C'est une décennie phare, une période à laquelle on ne cesse de se référer. On lui attribue les grands idéaux qui ont marqué le Québec jusqu'à aujourd'hui: «Maîtres chez nous», l'indépendance du Québec, la défense de la langue française, la laïcisation et la démocratisation du système scolaire, l'assurance-hospitalisation, sans parler de l'émancipation des femmes.
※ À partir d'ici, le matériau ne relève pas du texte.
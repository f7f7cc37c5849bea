-- ===== src/Proxy/Clients.antt =====
-- proxy/proxy.go, `HandleConnection` as a whole, for clients that come at any time: the start of the
-- function, of Proxy.Admission, and behind it the message loop, of Proxy.Handler.
pub mod Safe
use crunchy_proxy.Config.{Credentials}
use crunchy_proxy.Connect.Dial.{Dialed}
use crunchy_proxy.Connect.Tls.{TlsLibrary}
use crunchy_proxy.Connect.{Conn}
use crunchy_proxy.Go.{Outcome, ok}
use crunchy_proxy.Prelude.{ℕ, ◌≡◌, List, [], ◌∷◌, ◌++◌}
use crunchy_proxy.Proxy.Admission.{admitted, turned_away, admit}
use crunchy_proxy.Proxy.Handler.{Action, System, new_handler}
use crunchy_proxy.Proxy.Ownership.Runs.{OrderlyStep}

-- A client of the proxy, and what `Connect` gives for the master when it logs in.
pub record Visit : Type 0 where
  pub client : Conn
  pub dialed : Outcome Dialed

-- The variables behind the login: those of a new handler are added to those of the others.
abbrev pub join : System → System
join s = record s { handlers = s.handlers ++ (new_handler ∷ []) }

-- An execution with the admitted clients in the order of their handlers. A client that is turned away
-- leaves no trace in the pools, and no handler.
pub data ClientsRun (tls : TlsLibrary) (creds : Credentials) (s : System)
    : List Visit → System → Type 0 where
  none_yet : ClientsRun tls creds s [] s
  joins :
      {vs : List Visit} {t : System} {c : Conn} (v : Visit)
      → ClientsRun tls creds s vs t
      → admit tls creds v.dialed v.client ≡ ok (admitted c)
      → ClientsRun tls creds s (vs ++ (v ∷ [])) (join t)
  leaves :
      {vs : List Visit} {t : System} {c : Conn} (v : Visit)
      → ClientsRun tls creds s vs t
      → admit tls creds v.dialed v.client ≡ ok (turned_away c)
      → ClientsRun tls creds s vs t
  acts :
      {vs : List Visit} {t u : System} {i : ℕ} {a : Action}
      → ClientsRun tls creds s vs t
      → OrderlyStep i a t u
      → ClientsRun tls creds s vs u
C'est aussi l'époque de la montée du FLQ, qui culmine avec la Crise d'octobre, à la fin de la décennie. Plus de quarante ans après la Révolution tranquille, Jacques Lacoursière revient sur cette époque intense dans le cinquième tome de sa série sur l'histoire populaire du Québec, publié aux Éditions du Septentrion, qui porte sur les années 1960 à 1970.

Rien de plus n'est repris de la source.